The concept of establishing a museum dedicated to the Fiľakovo Castle dates back to 1941. The initiative was started by Franciscan priest K. König, who established the first Castle Commission to oversee the project. The commission began efforts to raise funds for the museum and submitted a request to the Hungarian National Museum in Budapest to carry out archaeological excavations of the castle site. Excavation work commenced in 1944 under the direction of Dr. János Kalmár; however, the outbreak of World War II interrupted both the archaeological research and the museum's development.

In 1951, the first regional museum serving the Slovak part of the Novohrad region was founded in Fiľakovo, initially known as the District Museum of Local History for the Fiľakovo District. This institution was later rebranded as the City Museum in 1960. In 1967, the museum was integrated with the District Museum of Local History for the Lučenec District, which had been established at Galician Castle in 1955. From 1971, it operated under the name Novohradské múzeum in Fiľakovo, and in 1976, it became a separate department of the Lučenec-based museum.

Between 1967 and 1984, the city hosted two permanent exhibitions. One of the City Museum located on the ground floor of the Franciscan monastery, and another of the Novohradské Museum housed in the historic Vigado building, originally a city redoubt built in 1900 and later serving as a burgher school from 1940. However, in 1984, the Novohradské Museum relocated to Lučenec due to inadequate facilities in Fiľakovo, and by 1988, the exhibition within the monastery was also dismantled. Consequently, for a period, the city lacked its own dedicated museum institution until the events of the Velvet Revolution.

In 1993, a new phase in the history of the Fiľakovo Museum began. The city’s request was approved by the Ministry of Culture of the Slovak Republic, which was the founding institution of the Novohrad Museum at the time.

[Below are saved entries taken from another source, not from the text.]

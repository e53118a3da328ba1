-- ===== src/Cpvm/Program/Init.antt =====
-- cy_program.pyx: the constructor, which computes the skip cache and the basic blocks.
pub mod Agree
use tsrkit_pvm.Prelude.{
  ℕ, zero, suc, ◌+◌, ◌-◌, ◌*◌, ◌/◌, ◌%◌, ◌^◌, min, Bool, true, false, not, List, [], ◌∷◌, ◌++◌, map,
  Option, none, some, ltb, leb, ◌==◌, if◌then◌else◌, length, get_elem?, get_or, drop, replicate,
  range, slice, M, Outcome, pure, raise, ◌>>=◌, or_raise, crash, overflow_error,
}
use tsrkit_pvm.Core.ProgramBase
use tsrkit_pvm.Instructions.Machine.{from_bytes}
use tsrkit_pvm.Cpvm.Mapper
use tsrkit_pvm.Cpvm.Program
use tsrkit_pvm.Cpvm.Program.{CyProgram}

unfoldable pub extend_bitmask : List Bool → List Bool
extend_bitmask offset_bitmask = offset_bitmask ++ replicate 1000 true

-- The copy of the instructions into the C array, and the zeros behind them.
unfoldable pub extend_instructions : List ℕ → List ℕ
extend_instructions instruction_set = instruction_set ++ replicate 1000 0

-- The inner loop over `j`: `k` is `j - i - 1`, `left` is the number of values of `j` to come, and the
-- list is `_extended_bitmask[j:]`.
unfoldable pub skip_loop : ℕ → ℕ → ℕ → List Bool → ℕ
skip_loop skip_value k zero bits = skip_value
skip_loop skip_value k (suc left) [] = skip_value
skip_loop skip_value k (suc left) (x ∷ bits) =
    if x then k else skip_loop skip_value (k + 1) left bits

-- `j` ranges up to `min(bitmask_len + 1, extended_len)`, which is `bitmask_len + 1`.
unfoldable pub skip_value : List Bool → ℕ → ℕ
unfolding skip_loop extend_bitmask
skip_value offset_bitmask i =
    skip_loop (length offset_bitmask) 0 (length offset_bitmask - i)
      (drop (i + 1) (extend_bitmask offset_bitmask))

unfoldable pub skip_cache : List Bool → List ℕ
unfolding skip_value
skip_cache offset_bitmask =
    map (λ i. let v = skip_value offset_bitmask i in if ltb v 24 then v else 24)
      (range 0 (length offset_bitmask))

-- The loop over `i` that collects the basic blocks. Past the end of the list, `offset_bitmask[i]` is
-- read out of bounds. An opcode is a byte, and where the flag can be read the table is there.
unfoldable pub blocks_loop : List Bool → List ℕ → ℕ → List ℕ → M (Unit {0}) (List ℕ)
unfolding Mapper.is_terminating
blocks_loop offset_bitmask skips i [] = pure []
blocks_loop offset_bitmask skips i (opcode ∷ rest) = do
  is_start ← or_raise crash (get_elem? offset_bitmask i)
  ends ← elim is_start [ true ↦ Mapper.is_terminating opcode | false ↦ pure false ]
  blocks ← blocks_loop offset_bitmask skips (i + 1) rest
  pure (if ends then (i + 1 + get_or skips i 0) ∷ blocks else blocks)

-- `CyProgram(z, jump_table, instruction_set, offset_bitmask)`.
unfoldable pub init : ℕ → List ℕ → List ℕ → List Bool → M (Unit {0}) CyProgram
unfolding skip_cache extend_instructions extend_bitmask blocks_loop
init z jump_table instruction_set offset_bitmask = do
  blocks ← blocks_loop offset_bitmask (skip_cache offset_bitmask) 0 instruction_set
  pure (record {
    z = z;
    jump_table = jump_table;
    instruction_set = instruction_set;
    offset_bitmask = offset_bitmask;
    zeta = extend_instructions instruction_set;
    extended_bitmask = extend_bitmask offset_bitmask;
    skip_cache = skip_cache offset_bitmask;
    basic_blocks = 0 ∷ blocks;
  })
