-- ===== src/Interpreter/Program/Init.antt =====
-- tsrkit_pvm/interpreter/program.py and core/program_base.py: `__post_init__`, which computes the
-- skip cache and the basic blocks of a program.
pub mod Skips
pub mod Blocks
use tsrkit_pvm.Prelude.{
  ℕ, zero, suc, ◌+◌, ◌-◌, min, Bool, true, false, ◌&&◌, List, [], ◌∷◌, ◌++◌, map, Option, none,
  some, ltb, if◌then◌else◌, length, get_elem?, drop, replicate, range,
}
use mathlib.Core.Option
use tsrkit_pvm.Interpreter.Program
use tsrkit_pvm.Interpreter.Program.{Program}
use tsrkit_pvm.Instructions.InstMap

-- `self._extended_bitmask` and `self.zeta`.
unfoldable pub extend_bitmask : List Bool → List Bool
extend_bitmask offset_bitmask = offset_bitmask ++ replicate 1000 true

unfoldable pub extend_instructions : List ℕ → List ℕ
extend_instructions instruction_set = instruction_set ++ replicate 1000 0

-- The inner loop over `j`: `k` is `j - i - 1`, `left` is the number of values of `j` to come, and
-- the list is `_extended_bitmask[j:]`.
unfoldable pub skip_loop : ℕ → ℕ → ℕ → List Bool → ℕ
skip_loop default k zero bits = default
skip_loop default k (suc left) [] = default
skip_loop default k (suc left) (x ∷ bits) = if x then k else skip_loop default (k + 1) left bits

unfoldable pub skip_value : List Bool → ℕ → ℕ
unfolding skip_loop extend_bitmask
skip_value offset_bitmask i =
    skip_loop (length offset_bitmask) 0 (length offset_bitmask - i)
      (drop (i + 1) (extend_bitmask offset_bitmask))

unfoldable pub skip_cache : List Bool → List ℕ
unfolding skip_value
skip_cache offset_bitmask =
    map (λ i. min 24 (skip_value offset_bitmask i)) (range 0 (length offset_bitmask))

abbrev pub is_defined : ℕ → Bool
is_defined opcode = elim (InstMap.dispatch opcode) [ none ↦ false | some _ ↦ true ]

-- Whether the instruction `opcode` ends a block, by the tests of `__post_init__`.
unfoldable pub ends_block : Bool → ℕ → Bool
unfolding InstMap.is_terminating
ends_block is_start opcode =
    is_start && InstMap.is_terminating opcode && ltb opcode 256 && is_defined opcode

-- The loop over `n` that collects the basic blocks; `none` is an IndexError of `offset_bitmask[n]`.
unfoldable pub blocks_loop : Program → ℕ → List ℕ → Option (List ℕ)
unfolding ends_block Program.skip
blocks_loop p n [] = some []
blocks_loop p n (opcode ∷ rest) = elim (get_elem? p.offset_bitmask n) [
  | none ↦ none
  | some is_start ↦
      Option.map
        (λ (blocks : List ℕ).
          if ends_block is_start opcode then (n + 1 + Program.skip p n) ∷ blocks else blocks)
        (blocks_loop p (n + 1) rest)
]

-- The program before its basic blocks are known.
unfoldable pub bare : ℕ → List ℕ → List ℕ → List Bool → Program
unfolding skip_cache extend_instructions extend_bitmask
bare z jump_table instruction_set offset_bitmask = record {
  z = z;
  jump_table = jump_table;
  instruction_set = instruction_set;
  offset_bitmask = offset_bitmask;
  zeta = extend_instructions instruction_set;
  extended_bitmask = extend_bitmask offset_bitmask;
  skip_cache = skip_cache offset_bitmask;
  basic_blocks = [];
}

unfoldable pub init : ℕ → List ℕ → List ℕ → List Bool → Option Program
unfolding bare blocks_loop
init z jump_table instruction_set offset_bitmask =
    let p = bare z jump_table instruction_set offset_bitmask in
    Option.map (λ (blocks : List ℕ). record p { basic_blocks = 0 ∷ blocks })
      (blocks_loop p 0 instruction_set)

As a result, a portion of the collections from the City Museum, which had been stored in various unguarded depositories and had deteriorated over six years, was donated to the city of Fiľakovo. The renovated City Museum was established as a department of the City Cultural Center, and in 1994, a permanent exhibition was opened in three rooms of the Vigado building.

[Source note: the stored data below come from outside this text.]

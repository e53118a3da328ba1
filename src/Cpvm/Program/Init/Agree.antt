-- ===== src/Cpvm/Program/Init/Agree.antt =====
-- cy_program.pyx against program.py: the program that the constructor makes.
use tsrkit_pvm.Prelude.{
  ℕ, zero, suc, ◌+◌, ◌-◌, ◌<◌, min, Bool, true, false, ◌&&◌, List, [], ◌∷◌, map, Option, none, some,
  ltb, length, get_elem?, drop, range, M, Outcome, pure, crash, ◌≡◌, refl, ap, ◌∙◌, arith,
  if◌then◌else◌, fun_ext, bind_outcome, or_raise, lt→ltb, ◌>>=◌,
}
use mathlib.Core.Option
use tsrkit_pvm.Interpreter.Program
use tsrkit_pvm.Interpreter.Program.{Program}
use tsrkit_pvm.Interpreter.Program.Init as Py
use tsrkit_pvm.Instructions.InstMap
use tsrkit_pvm.Cpvm.Mapper
use tsrkit_pvm.Cpvm.Mapper.Entries.{dispatch-dispatch, entry_props, handler_props, Props}
use tsrkit_pvm.Cpvm.Program.{CyProgram}
use tsrkit_pvm.Cpvm.Program.Init as Cy
use tsrkit_pvm.Cpvm.Mapper.{Dispatched}
use tsrkit_pvm.Instructions.InstMap.{InstructionHandler}

-- Every position that the bitmask marks has an opcode of the dispatch table.
abbrev pub HasOpcodes : List Bool → List ℕ → Type 0
HasOpcodes offset_bitmask instruction_set =
    (i opcode : ℕ)
    → get_elem? offset_bitmask i ≡ some true
    → get_elem? instruction_set i ≡ some opcode
    → (opcode < 256) × (Py.is_defined opcode ≡ true)

-- The fields of a program in the C object.
abbrev pub as_cy : Program → CyProgram
as_cy q = record {
  z = q.z;
  jump_table = q.jump_table;
  instruction_set = q.instruction_set;
  offset_bitmask = q.offset_bitmask;
  zeta = q.zeta;
  extended_bitmask = q.extended_bitmask;
  skip_cache = q.skip_cache;
  basic_blocks = q.basic_blocks;
}

-- Where Python raises an IndexError, C reads out of bounds.
abbrev pub or_crash : {A : Type 0} → Option A → Outcome (Unit {0}) A
or_crash none = Outcome.raised crash tt
or_crash (some a) = Outcome.done a tt

flag-flag :
    (o : Option Dispatched) (q : Option InstructionHandler)
    → Option.map entry_props o ≡ Option.map handler_props q
    → (elim q as (λ _. Bool) [ none ↦ false | some _ ↦ true ]) ≡ true
    → (elim o as (λ _. Outcome (Unit {0}) Bool) [
      | none ↦ Outcome.raised crash tt
      | some d ↦ Outcome.done d.entry.is_terminating tt
    ])
      ≡ Outcome.done (elim q as (λ _. Bool) [ none ↦ true | some h ↦ h.is_terminating ]) tt
flag-flag none none e found = cc
flag-flag none (some h) e found = cc
flag-flag (some d) none e found = cc
flag-flag (some d) (some h) e found =
    ap
      (λ (o : Option Props). Outcome.done (elim o as (λ _. Bool) [ none ↦ true | some p ↦ p.1 ]) tt)
      e

is_terminating-is_terminating :
    (opcode : ℕ)
    → opcode < 256
    → Py.is_defined opcode ≡ true
    → Mapper.is_terminating {S = Unit} opcode tt ≡ Outcome.done (InstMap.is_terminating opcode) tt
unfolding Mapper.is_terminating InstMap.is_terminating
is_terminating-is_terminating opcode lt defined =
    flag-flag (Mapper.dispatch opcode) (InstMap.dispatch opcode) (dispatch-dispatch opcode lt)
      defined

map-cong : {A B : Type 0} (f g : A → B) (xs : List A) → ((x : A) → f x ≡ g x) → map f xs ≡ map g xs
map-cong f g xs same = ap (λ h. map h xs) (fun_ext same)

skip_loop-skip_loop :
    (v k left : ℕ) (bits : List Bool) → Cy.skip_loop v k left bits ≡ Py.skip_loop v k left bits
unfolding Cy.skip_loop Py.skip_loop
skip_loop-skip_loop v k zero bits = refl
skip_loop-skip_loop v k (suc left) [] = refl
skip_loop-skip_loop v k (suc left) (true ∷ bits) = refl
skip_loop-skip_loop v k (suc left) (false ∷ bits) = skip_loop-skip_loop v (k + 1) left bits

skip_value-skip_value :
    (offset_bitmask : List Bool) (i : ℕ)
    → Cy.skip_value offset_bitmask i ≡ Py.skip_value offset_bitmask i
unfolding Cy.skip_value Py.skip_value Cy.extend_bitmask Py.extend_bitmask
skip_value-skip_value offset_bitmask i =
    skip_loop-skip_loop (length offset_bitmask) 0 (length offset_bitmask - i)
      (drop (i + 1) (Cy.extend_bitmask offset_bitmask))

clamp-min : (v : ℕ) → (if ltb v 24 then v else 24) ≡ min 24 v
clamp-min v = ground arith

skip_cache-skip_cache :
    (offset_bitmask : List Bool) → Cy.skip_cache offset_bitmask ≡ Py.skip_cache offset_bitmask
unfolding Cy.skip_cache Py.skip_cache
skip_cache-skip_cache offset_bitmask =
    map-cong _ _ (range 0 (length offset_bitmask))
      (λ i. clamp-min _ ∙ ap (min 24) (skip_value-skip_value offset_bitmask i))

finish-finish :
    (ends : Bool) (next : ℕ) (r : Option (List ℕ))
    → bind_outcome (or_crash r) (λ blocks. pure (if ends then next ∷ blocks else blocks))
      ≡ or_crash (Option.map (λ (blocks : List ℕ). if ends then next ∷ blocks else blocks) r)
finish-finish ends next none = refl
finish-finish ends next (some blocks) = refl

ends_block-defined :
    (opcode : ℕ)
    → opcode < 256
    → Py.is_defined opcode ≡ true
    → InstMap.is_terminating opcode ≡ Py.ends_block true opcode
unfolding Py.ends_block
ends_block-defined opcode lt defined =
    go (InstMap.is_terminating opcode) (ltb opcode 256) _ (lt→ltb opcode 256 lt) defined
  where
    go : (t l d : Bool) → l ≡ true → d ≡ true → t ≡ (true && t && l && d)
    go t true true e f = ground arith
    go t true false e f = cc
    go t false d e f = cc

-- The body of the loop at an opcode, given what the rest of the loop gives.
abbrev cy_step : ℕ → ℕ → M (Unit {0}) (List ℕ) → Option Bool → Outcome (Unit {0}) (List ℕ)
cy_step opcode next again o =
    (or_raise crash o >>= λ is_start.
    (elim is_start as (λ _. M (Unit {0}) Bool) [
      | true ↦ Mapper.is_terminating opcode
      | false ↦ pure false
    ])
    >>= λ ends. again >>= λ blocks. pure (if ends then next ∷ blocks else blocks))
      tt

abbrev py_step : ℕ → ℕ → Option (List ℕ) → Option Bool → Option (List ℕ)
py_step opcode next rest o = elim o as (λ _. Option (List ℕ)) [
  | none ↦ none
  | some is_start ↦
      Option.map
        (λ (blocks : List ℕ). if Py.ends_block is_start opcode then next ∷ blocks else blocks) rest
]

step-step :
    (opcode next : ℕ) (o : Option Bool) (rest : Option (List ℕ)) (again : M (Unit {0}) (List ℕ))
    → (o ≡ some true → (opcode < 256) × (Py.is_defined opcode ≡ true))
    → again tt ≡ or_crash rest
    → cy_step opcode next again o ≡ or_crash (py_step opcode next rest o)
unfolding Py.ends_block
step-step opcode next none rest again has e = refl
step-step opcode next (some false) rest again has e =
    ap (λ r. bind_outcome r (λ blocks. pure blocks)) e ∙ finish-finish false next rest
step-step opcode next (some true) rest again has e =
    let (lt, defined) = has refl in
    ap
      (λ r.
        bind_outcome r (λ ends. again >>= λ blocks. pure (if ends then next ∷ blocks else blocks)))
      (is_terminating-is_terminating opcode lt defined)
    ∙ ap
        (λ r.
          bind_outcome r
            (λ blocks. pure (if InstMap.is_terminating opcode then next ∷ blocks else blocks)))
        e
    ∙ finish-finish (InstMap.is_terminating opcode) next rest
    ∙ ap
        (λ ends.
          or_crash (Option.map (λ (blocks : List ℕ). if ends then next ∷ blocks else blocks) rest))
        (ends_block-defined opcode lt defined)

blocks_loop-blocks_loop :
    (p : Program) (n : ℕ) (rest : List ℕ)
    → ((i opcode : ℕ)
        → get_elem? p.offset_bitmask (n + i) ≡ some true
        → get_elem? rest i ≡ some opcode
        → (opcode < 256) × (Py.is_defined opcode ≡ true))
    → Cy.blocks_loop p.offset_bitmask p.skip_cache n rest tt ≡ or_crash (Py.blocks_loop p n rest)
unfolding Cy.blocks_loop Py.blocks_loop Program.skip
blocks_loop-blocks_loop p n [] has = refl
blocks_loop-blocks_loop p n (opcode ∷ rest) has =
    step-step opcode (n + 1 + Program.skip p n) (get_elem? p.offset_bitmask n)
      (Py.blocks_loop p (n + 1) rest) (Cy.blocks_loop p.offset_bitmask p.skip_cache (n + 1) rest)
      (λ e. has 0 opcode (ap (get_elem? p.offset_bitmask) (omega arith) ∙ e) refl)
      (blocks_loop-blocks_loop p (n + 1) rest
        (λ i code e f. has (suc i) code (ap (get_elem? p.offset_bitmask) (omega arith) ∙ e) f))

built-built :
    (q : Program) (r : Option (List ℕ))
    → bind_outcome (or_crash r) (λ blocks. pure (as_cy (record q { basic_blocks = 0 ∷ blocks })))
      ≡ or_crash (
          Option.map as_cy
            (Option.map (λ (blocks : List ℕ). record q { basic_blocks = 0 ∷ blocks }) r))
built-built q none = refl
built-built q (some blocks) = refl

-- If every position that the bitmask marks has an opcode of the dispatch table, the constructor of
-- `CyProgram` makes the program that the interpreter's makes, with the same skip cache and basic
-- blocks; where Python would raise an IndexError, C reads out of bounds.
pub init-init :
    (z : ℕ) (jump_table instruction_set : List ℕ) (offset_bitmask : List Bool)
    → HasOpcodes offset_bitmask instruction_set
    → Cy.init z jump_table instruction_set offset_bitmask tt
      ≡ or_crash (Option.map as_cy (Py.init z jump_table instruction_set offset_bitmask))
unfolding Cy.init Py.init Cy.extend_bitmask Py.extend_bitmask Cy.extend_instructions
    Py.extend_instructions
init-init z jump_table instruction_set offset_bitmask has =
    let q = Py.bare z jump_table instruction_set offset_bitmask in
    let finish : List ℕ → Outcome (Unit {0}) (List ℕ) → Outcome (Unit {0}) CyProgram = λ skips r.
      bind_outcome r
        (λ blocks. pure (as_cy (record q { skip_cache = skips; basic_blocks = 0 ∷ blocks }))) in
    ap (λ skips. finish skips (Cy.blocks_loop offset_bitmask skips 0 instruction_set tt))
      (skip_cache-skip_cache offset_bitmask)
    ∙ ap (finish q.skip_cache) (
        blocks_loop-blocks_loop q 0 instruction_set
          (λ i code e f. has i code (ap (get_elem? offset_bitmask) (omega arith) ∙ e) f))
    ∙ built-built q (Py.blocks_loop q 0 instruction_set)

The idea of establishing a castle museum was revisited in the development plans of the local government in 2005. Between 2006 and 2007, the interior of the Bebek Bastion was reconstructed and adapted for museum purposes. In April 2007, the Castle Museum in Fiľakovo was officially founded, with the property of the City Museum being delineated and the Fiľakovo Castle assigned to its administration. In August 2008, the HMF opened a permanent exhibition on the three lower floors of the five-story Bebek Bastion, titled "Centuries of Fiľakovo Castle." This exhibit introduces visitors to the history of the town and the castle, from the first written mention to its destruction in 1682. It features rare medieval and early modern finds from the Slovak National Museum, including tiles depicting medieval Hungarian kings and saints, as well as original castle keys and objects from Fiľakovo’s 39-year Turkish occupation.